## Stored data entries
# # # #

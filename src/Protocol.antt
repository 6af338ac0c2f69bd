-- ===== src/Protocol.antt =====
-- The text protocol: include/sixchange/protocol and src/protocol.
pub mod Messages
pub mod Cursor
pub mod Words
pub mod Parsing
pub mod TextCodec
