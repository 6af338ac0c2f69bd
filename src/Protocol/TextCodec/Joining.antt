-- ===== src/Protocol/TextCodec/Joining.antt =====
-- Words with one blank between two of them.

use mathlib.Core.Path.{ap₂}
use mathlib.Core.List.{append-nil}
use sixchange.Base.{ℕ, ◌≡◌, ◌≢◌, refl, sym, ap, ◌∙◌, false, List, [], ◌∷◌, ◌++◌, All, Bytes, ◌==◌}
use sixchange.Protocol.Cursor.{is_blank}
use sixchange.Protocol.Words.{words, words-blank, words-word, word_of, after_word}

-- A byte that is no blank and no carriage return.
abbrev pub IsPlain : ℕ → Type 0
IsPlain c = (is_blank c ≡ false) × ((c == b'\r') ≡ false)

pub record IsWord (w : Bytes) : Type 0 where
  pub plain : All IsPlain w
  pub nonempty : w ≢ []

-- The words of a line with one blank between two of them.
abbrev pub join : List Bytes → Bytes
join [] = []
join (w ∷ []) = w
join (w ∷ v ∷ ws) = w ++ (b' ' ∷ join (v ∷ ws))

-- What ends a word.
IsEnd : Bytes → Type 0
IsEnd e = (word_of e ≡ []) × (after_word e ≡ e)

word_of-append : (w e : Bytes) → All IsPlain w → IsEnd e → word_of (w ++ e) ≡ w
unfolding word_of IsEnd
word_of-append [] e all end = end.0
word_of-append (c ∷ w) e all end = rw all.0.0 (ap (λ v. c ∷ v) (word_of-append w e all.1 end))

after_word-append : (w e : Bytes) → All IsPlain w → IsEnd e → after_word (w ++ e) ≡ e
unfolding after_word IsEnd
after_word-append [] e all end = end.1
after_word-append (c ∷ w) e all end = rw all.0.0 (after_word-append w e all.1 end)

words-append : (w e : Bytes) → IsWord w → IsEnd e → words (w ++ e) ≡ w ∷ words e
words-append [] e k end = absurd (k.nonempty refl)
words-append (c ∷ w) e k end =
    words-word c (w ++ e) k.plain.0.0
    ∙ ap₂ (λ v r. (c ∷ v) ∷ words r) (word_of-append w e k.plain.1 end)
        (after_word-append w e k.plain.1 end)

words_one : (w : Bytes) → IsWord w → words w ≡ w ∷ []
unfolding IsEnd word_of after_word words
words_one w k = ap words (sym (append-nil w)) ∙ words-append w [] k (refl, refl)

words_first : (w s : Bytes) → IsWord w → words (w ++ (b' ' ∷ s)) ≡ w ∷ words s
unfolding IsEnd word_of after_word is_blank
words_first w s k =
    words-append w (b' ' ∷ s) k (refl, refl) ∙ ap (λ v. w ∷ v) (words-blank b' ' s refl)

-- The words of a joined line are its words.
pub words-join : (ws : List Bytes) → All IsWord ws → words (join ws) ≡ ws
words-join [] all = unfold words in refl
words-join (w ∷ []) all = words_one w all.0
words-join (w ∷ v ∷ ws) all =
    words_first w (join (v ∷ ws)) all.0 ∙ ap (λ vs. w ∷ vs) (words-join (v ∷ ws) all.1)
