-- ===== src/Protocol/TextCodec/Spelling.antt =====
-- Lines written word by word, as a client sends them, are decoded as what they say.
use sixchange.Protocol.TextCodec.Decoding.{decode_complete}
use sixchange.Protocol.TextCodec.{decode, max_message_length, strip}
use sixchange.Protocol.TextCodec.Grammar.{Spells}
use mathlib.Core.Path.{subst}
use sixchange.Base.{
  length, length-append, value, ◌≤◌, ◌+◌, All-append, ℕ, ◌<◌, ◌^◌, ◌≡◌, refl, sym, ap, true, false,
  List, [], ◌∷◌, ◌++◌, arith, All, All-map, Bytes, codes, to_string, to_string-IsNumeral, is_digit,
  ◌==◌,
}
use sixchange.Protocol.Messages.{InboundMessage, new_order, cancel_order}
use sixchange.Core.Enums.{Side, OrderType, TimeInForce, buy, sell, limit, market, gfd, ioc, fok}
use sixchange.Protocol.Cursor.{is_blank}
use sixchange.Protocol.Words.{words}
use sixchange.Protocol.Parsing.{side_text, order_type_text, time_in_force_text}
use sixchange.Protocol.TextCodec.Joining.{IsPlain, IsWord, join, words-join}

-- The tokens of a message.
abbrev pub spelling : InboundMessage → List Bytes
spelling (new_order r) =
    codes "N"
    ∷ to_string r.client_order_id
    ∷ r.symbol
    ∷ side_text r.side
    ∷ order_type_text r.order_type
    ∷ time_in_force_text r.tif
    ∷ to_string r.price
    ∷ to_string r.quantity
    ∷ []
spelling (cancel_order r) = codes "C" ∷ to_string r.client_order_id ∷ r.symbol ∷ []

-- A 64-bit number that is not zero.
abbrev pub IsPositive : ℕ → Type 0
IsPositive n = (0 < n) × (n < 2 ^ 64)

-- A message whose numbers fit, and whose symbol is a word.
abbrev pub IsSendable : InboundMessage → Type 0
IsSendable (new_order r) =
    IsPositive r.client_order_id × IsWord r.symbol × IsPositive r.price × IsPositive r.quantity
IsSendable (cancel_order r) = IsPositive r.client_order_id × IsWord r.symbol

digit-IsPlain : (c : ℕ) → is_digit c ≡ true → IsPlain c
unfolding is_blank
digit-IsPlain c d = ground arith

pub to_string-IsWord : (n : ℕ) → n < 2 ^ 64 → IsWord (to_string n)
to_string-IsWord n h =
    let k = to_string-IsNumeral n h in
    record { plain = All-map digit-IsPlain (to_string n) k.digits; nonempty = k.nonempty }

side_text-IsWord : (x : Side) → IsWord (side_text x)
unfolding is_blank
side_text-IsWord buy = record { plain = ((refl, refl), tt); nonempty = λ e. cc }
side_text-IsWord sell = record { plain = ((refl, refl), tt); nonempty = λ e. cc }

order_type_text-IsWord : (x : OrderType) → IsWord (order_type_text x)
unfolding is_blank
order_type_text-IsWord limit = record { plain = ((refl, refl), tt); nonempty = λ e. cc }
order_type_text-IsWord market = record { plain = ((refl, refl), tt); nonempty = λ e. cc }

time_in_force_text-IsWord : (x : TimeInForce) → IsWord (time_in_force_text x)
unfolding is_blank
time_in_force_text-IsWord gfd = record {
  plain = ((refl, refl), ((refl, refl), ((refl, refl), tt)));
  nonempty = λ e. cc;
}
time_in_force_text-IsWord ioc = record {
  plain = ((refl, refl), ((refl, refl), ((refl, refl), tt)));
  nonempty = λ e. cc;
}
time_in_force_text-IsWord fok = record {
  plain = ((refl, refl), ((refl, refl), ((refl, refl), tt)));
  nonempty = λ e. cc;
}

All-spelling : (m : InboundMessage) → IsSendable m → All IsWord (spelling m)
unfolding is_blank
All-spelling (new_order r) (id, symbol, price, quantity) = (
  record { plain = ((refl, refl), tt); nonempty = λ e. cc },
  (
    to_string-IsWord r.client_order_id id.1,
    (
      symbol,
      (
        side_text-IsWord r.side,
        (
          order_type_text-IsWord r.order_type,
          (
            time_in_force_text-IsWord r.tif,
            (to_string-IsWord r.price price.1, (to_string-IsWord r.quantity quantity.1, tt)),
          ),
        ),
      ),
    ),
  ),
)
All-spelling (cancel_order r) (id, symbol) = (
  record { plain = ((refl, refl), tt); nonempty = λ e. cc },
  (to_string-IsWord r.client_order_id id.1, (symbol, tt)),
)

spelling-Spells : (m : InboundMessage) → IsSendable m → Spells (spelling m) m
spelling-Spells (new_order r) (id, symbol, price, quantity) = record {
  id = to_string r.client_order_id;
  price = to_string r.price;
  quantity = to_string r.quantity;
  line = refl;
  id_is = to_string-IsNumeral r.client_order_id id.1;
  price_is = to_string-IsNumeral r.price price.1;
  quantity_is = to_string-IsNumeral r.quantity quantity.1;
  id_positive = id.0;
  price_positive = price.0;
  quantity_positive = quantity.0;
}
spelling-Spells (cancel_order r) (id, symbol) = record {
  id = to_string r.client_order_id;
  line = refl;
  id_is = to_string-IsNumeral r.client_order_id id.1;
  id_positive = id.0;
}

-- No byte of the text is a carriage return.
abbrev NoReturn : Bytes → Type 0
NoReturn = All (λ c. (c == b'\r') ≡ false)

strip-NoReturn : (s : Bytes) → NoReturn s → strip s ≡ s
unfolding strip
strip-NoReturn [] all = refl
strip-NoReturn (c ∷ []) all = rw all.0
strip-NoReturn (c ∷ d ∷ s) all = ap (λ t. c ∷ t) (strip-NoReturn (d ∷ s) all.1)

strip-append : (s : Bytes) → strip (s ++ (b'\r' ∷ [])) ≡ s
unfolding strip
strip-append [] = refl
strip-append (c ∷ []) = refl
strip-append (c ∷ d ∷ s) = ap (λ t. c ∷ t) (strip-append (d ∷ s))

NoReturn-join : (ws : List Bytes) → All IsWord ws → NoReturn (join ws)
NoReturn-join [] all = tt
NoReturn-join (w ∷ []) all = All-map (λ c p. p.1) w all.0.plain
NoReturn-join (w ∷ v ∷ ws) all =
    All-append _ w (b' ' ∷ join (v ∷ ws)) (All-map (λ c p. p.1) w all.0.plain)
      (refl, NoReturn-join (v ∷ ws) all.1)

-- A message that is written out, its numbers by std::to_string and with a blank between its tokens,
-- is decoded as it was, also with a carriage return at the end of the line. The numbers are
-- positive words of 64 bits, the symbol has a byte, no blank and no carriage return, and the line
-- has at most 256 bytes.
pub decode-join :
    (m : InboundMessage)
    → IsSendable m
    → length (join (spelling m)) + 1 ≤ max_message_length
    → (decode (join (spelling m)) ≡ value m)
      × (decode (join (spelling m) ++ (b'\r' ∷ [])) ≡ value m)
decode-join m sendable short =
    let all = All-spelling m sendable in
    let line = join (spelling m) in
    let spells : Spells (words line) m =
      subst (λ ws. Spells ws m) (sym (words-join (spelling m) all)) (spelling-Spells m sendable) in
    (
      decode_complete line m (omega arith) (
          subst (λ s. Spells (words s) m)
            (sym (strip-NoReturn line (NoReturn-join (spelling m) all))) spells),
      decode_complete (line ++ (b'\r' ∷ [])) m (omega (arith, length-append line (b'\r' ∷ [])))
          (subst (λ s. Spells (words s) m) (sym (strip-append line)) spells),
    )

# # # #

## REQUIREMENT
Up to and including the line with "IsEnd e = (word_of", output every line of the records above exactly, starting from the first; output nothing else.

## RESPONSE TO THIS EXERCISE
filename src/Protocol.antt
repository 6af338ac0c2f69bd
-- ===== src/Protocol.antt =====
-- The text protocol: include/sixchange/protocol and src/protocol.
pub mod Messages
pub mod Cursor
pub mod Words
pub mod Parsing
pub mod TextCodec
repository 6af338ac0c2f69bd
filename src/Protocol/TextCodec/Joining.antt
-- ===== src/Protocol/TextCodec/Joining.antt =====
-- Words with one blank between two of them.

use mathlib.Core.Path.{ap₂}
use mathlib.Core.List.{append-nil}
use sixchange.Base.{ℕ, ◌≡◌, ◌≢◌, refl, sym, ap, ◌∙◌, false, List, [], ◌∷◌, ◌++◌, All, Bytes, ◌==◌}
use sixchange.Protocol.Cursor.{is_blank}
use sixchange.Protocol.Words.{words, words-blank, words-word, word_of, after_word}

-- A byte that is no blank and no carriage return.
abbrev pub IsPlain : ℕ → Type 0
IsPlain c = (is_blank c ≡ false) × ((c == b'\r') ≡ false)

pub record IsWord (w : Bytes) : Type 0 where
  pub plain : All IsPlain w
  pub nonempty : w ≢ []

-- The words of a line with one blank between two of them.
abbrev pub join : List Bytes → Bytes
join [] = []
join (w ∷ []) = w
join (w ∷ v ∷ ws) = w ++ (b' ' ∷ join (v ∷ ws))

-- What ends a word.
IsEnd : Bytes → Type 0
IsEnd e = (word_of e ≡ []) × (after_word e ≡ e)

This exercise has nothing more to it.